EXERCISE DESCRIPTION: Scan the entries below for the word "FanpicoConfig". Copy each line that has it.

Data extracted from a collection
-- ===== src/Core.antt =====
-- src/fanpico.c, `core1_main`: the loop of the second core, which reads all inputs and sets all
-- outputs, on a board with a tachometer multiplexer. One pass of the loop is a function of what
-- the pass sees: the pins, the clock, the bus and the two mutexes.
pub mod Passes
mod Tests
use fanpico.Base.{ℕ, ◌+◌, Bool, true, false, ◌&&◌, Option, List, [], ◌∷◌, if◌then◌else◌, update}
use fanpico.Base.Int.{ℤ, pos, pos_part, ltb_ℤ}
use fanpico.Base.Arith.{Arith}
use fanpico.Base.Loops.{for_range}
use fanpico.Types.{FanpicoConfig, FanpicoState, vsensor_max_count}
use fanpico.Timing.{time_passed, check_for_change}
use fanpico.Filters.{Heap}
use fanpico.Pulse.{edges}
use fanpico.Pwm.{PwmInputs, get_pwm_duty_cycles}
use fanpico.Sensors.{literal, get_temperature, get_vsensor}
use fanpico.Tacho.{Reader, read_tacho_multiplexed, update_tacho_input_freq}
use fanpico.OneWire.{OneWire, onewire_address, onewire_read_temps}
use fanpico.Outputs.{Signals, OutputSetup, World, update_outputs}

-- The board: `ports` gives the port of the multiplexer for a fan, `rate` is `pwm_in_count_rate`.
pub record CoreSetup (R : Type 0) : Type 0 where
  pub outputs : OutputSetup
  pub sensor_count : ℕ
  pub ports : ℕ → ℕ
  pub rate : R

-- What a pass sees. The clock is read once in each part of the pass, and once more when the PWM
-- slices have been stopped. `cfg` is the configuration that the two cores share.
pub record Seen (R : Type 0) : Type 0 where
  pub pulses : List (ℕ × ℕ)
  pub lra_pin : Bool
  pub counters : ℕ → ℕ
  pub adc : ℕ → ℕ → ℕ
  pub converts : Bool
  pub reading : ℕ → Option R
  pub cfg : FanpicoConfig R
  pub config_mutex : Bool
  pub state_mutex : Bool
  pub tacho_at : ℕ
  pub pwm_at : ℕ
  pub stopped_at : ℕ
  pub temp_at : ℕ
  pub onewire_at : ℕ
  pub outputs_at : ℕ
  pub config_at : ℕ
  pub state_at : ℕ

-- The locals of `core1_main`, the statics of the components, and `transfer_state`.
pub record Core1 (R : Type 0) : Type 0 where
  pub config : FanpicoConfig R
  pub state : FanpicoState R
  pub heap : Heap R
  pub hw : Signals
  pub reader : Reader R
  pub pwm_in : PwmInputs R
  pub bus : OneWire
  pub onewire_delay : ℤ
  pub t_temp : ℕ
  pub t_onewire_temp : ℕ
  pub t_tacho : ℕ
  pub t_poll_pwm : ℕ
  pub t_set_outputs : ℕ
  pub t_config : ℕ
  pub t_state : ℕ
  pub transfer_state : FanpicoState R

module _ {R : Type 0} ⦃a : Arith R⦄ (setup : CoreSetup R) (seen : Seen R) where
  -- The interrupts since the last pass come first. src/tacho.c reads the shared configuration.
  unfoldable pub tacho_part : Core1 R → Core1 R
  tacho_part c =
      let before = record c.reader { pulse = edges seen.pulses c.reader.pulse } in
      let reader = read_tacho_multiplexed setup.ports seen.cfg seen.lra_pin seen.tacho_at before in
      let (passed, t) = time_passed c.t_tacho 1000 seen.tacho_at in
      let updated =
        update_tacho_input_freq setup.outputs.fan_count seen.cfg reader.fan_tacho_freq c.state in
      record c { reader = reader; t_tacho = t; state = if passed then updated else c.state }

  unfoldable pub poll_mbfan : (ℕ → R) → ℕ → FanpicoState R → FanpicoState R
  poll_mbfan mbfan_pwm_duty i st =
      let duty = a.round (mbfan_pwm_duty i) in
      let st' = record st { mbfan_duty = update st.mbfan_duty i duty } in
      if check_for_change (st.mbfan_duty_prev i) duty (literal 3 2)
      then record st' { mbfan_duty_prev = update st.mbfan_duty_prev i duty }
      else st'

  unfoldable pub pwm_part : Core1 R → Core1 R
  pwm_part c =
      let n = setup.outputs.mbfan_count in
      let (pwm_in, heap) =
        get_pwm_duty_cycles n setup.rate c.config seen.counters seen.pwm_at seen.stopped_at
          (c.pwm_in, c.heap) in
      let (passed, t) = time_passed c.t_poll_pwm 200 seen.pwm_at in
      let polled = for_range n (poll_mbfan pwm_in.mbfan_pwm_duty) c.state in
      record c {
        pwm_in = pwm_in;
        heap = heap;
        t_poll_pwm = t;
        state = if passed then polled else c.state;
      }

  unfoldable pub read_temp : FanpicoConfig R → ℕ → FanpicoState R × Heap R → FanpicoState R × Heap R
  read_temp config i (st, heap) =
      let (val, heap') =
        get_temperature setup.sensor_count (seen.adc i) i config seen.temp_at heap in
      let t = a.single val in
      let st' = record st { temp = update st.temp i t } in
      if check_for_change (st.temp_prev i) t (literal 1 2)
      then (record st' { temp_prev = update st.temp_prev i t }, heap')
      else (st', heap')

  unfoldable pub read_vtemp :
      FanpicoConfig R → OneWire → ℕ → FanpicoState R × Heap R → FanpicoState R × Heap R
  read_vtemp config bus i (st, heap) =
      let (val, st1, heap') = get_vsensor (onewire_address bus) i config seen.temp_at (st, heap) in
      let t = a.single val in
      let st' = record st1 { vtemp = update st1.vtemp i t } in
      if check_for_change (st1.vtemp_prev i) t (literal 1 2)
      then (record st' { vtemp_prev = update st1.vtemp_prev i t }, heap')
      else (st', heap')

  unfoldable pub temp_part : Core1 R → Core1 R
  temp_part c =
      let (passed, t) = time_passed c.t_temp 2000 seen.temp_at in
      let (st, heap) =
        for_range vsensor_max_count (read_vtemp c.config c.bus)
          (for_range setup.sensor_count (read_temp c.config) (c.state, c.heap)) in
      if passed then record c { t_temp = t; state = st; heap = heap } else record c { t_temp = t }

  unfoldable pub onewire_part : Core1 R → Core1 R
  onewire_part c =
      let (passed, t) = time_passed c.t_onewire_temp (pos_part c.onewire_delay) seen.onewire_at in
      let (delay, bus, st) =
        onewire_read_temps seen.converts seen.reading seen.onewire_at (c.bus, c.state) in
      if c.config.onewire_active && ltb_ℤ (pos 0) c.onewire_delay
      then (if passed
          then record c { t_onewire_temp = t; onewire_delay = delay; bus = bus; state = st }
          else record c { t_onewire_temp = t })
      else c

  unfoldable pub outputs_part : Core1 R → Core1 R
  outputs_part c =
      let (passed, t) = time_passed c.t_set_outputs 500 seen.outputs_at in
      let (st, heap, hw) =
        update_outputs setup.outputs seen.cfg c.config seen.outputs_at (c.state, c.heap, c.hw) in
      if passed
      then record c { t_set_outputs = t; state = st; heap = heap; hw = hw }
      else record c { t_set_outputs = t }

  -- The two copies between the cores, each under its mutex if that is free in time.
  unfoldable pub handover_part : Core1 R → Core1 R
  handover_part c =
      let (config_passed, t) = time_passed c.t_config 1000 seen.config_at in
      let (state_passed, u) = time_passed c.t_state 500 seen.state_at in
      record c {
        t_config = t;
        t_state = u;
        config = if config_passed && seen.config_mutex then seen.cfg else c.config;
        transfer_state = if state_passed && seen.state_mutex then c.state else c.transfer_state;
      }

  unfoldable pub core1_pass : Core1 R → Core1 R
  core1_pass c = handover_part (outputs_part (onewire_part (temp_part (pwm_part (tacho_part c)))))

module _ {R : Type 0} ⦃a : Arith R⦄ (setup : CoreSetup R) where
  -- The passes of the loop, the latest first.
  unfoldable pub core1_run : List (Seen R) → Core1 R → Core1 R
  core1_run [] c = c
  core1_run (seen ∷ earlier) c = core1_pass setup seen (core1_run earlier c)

YOUR SOLUTION:
use fanpico.Types.{FanpicoConfig, FanpicoState, vsensor_max_count}
  pub cfg : FanpicoConfig R
  pub config : FanpicoConfig R
  unfoldable pub read_temp : FanpicoConfig R → ℕ → FanpicoState R × Heap R → FanpicoState R × Heap R
      FanpicoConfig R → OneWire → ℕ → FanpicoState R × Heap R → FanpicoState R × Heap R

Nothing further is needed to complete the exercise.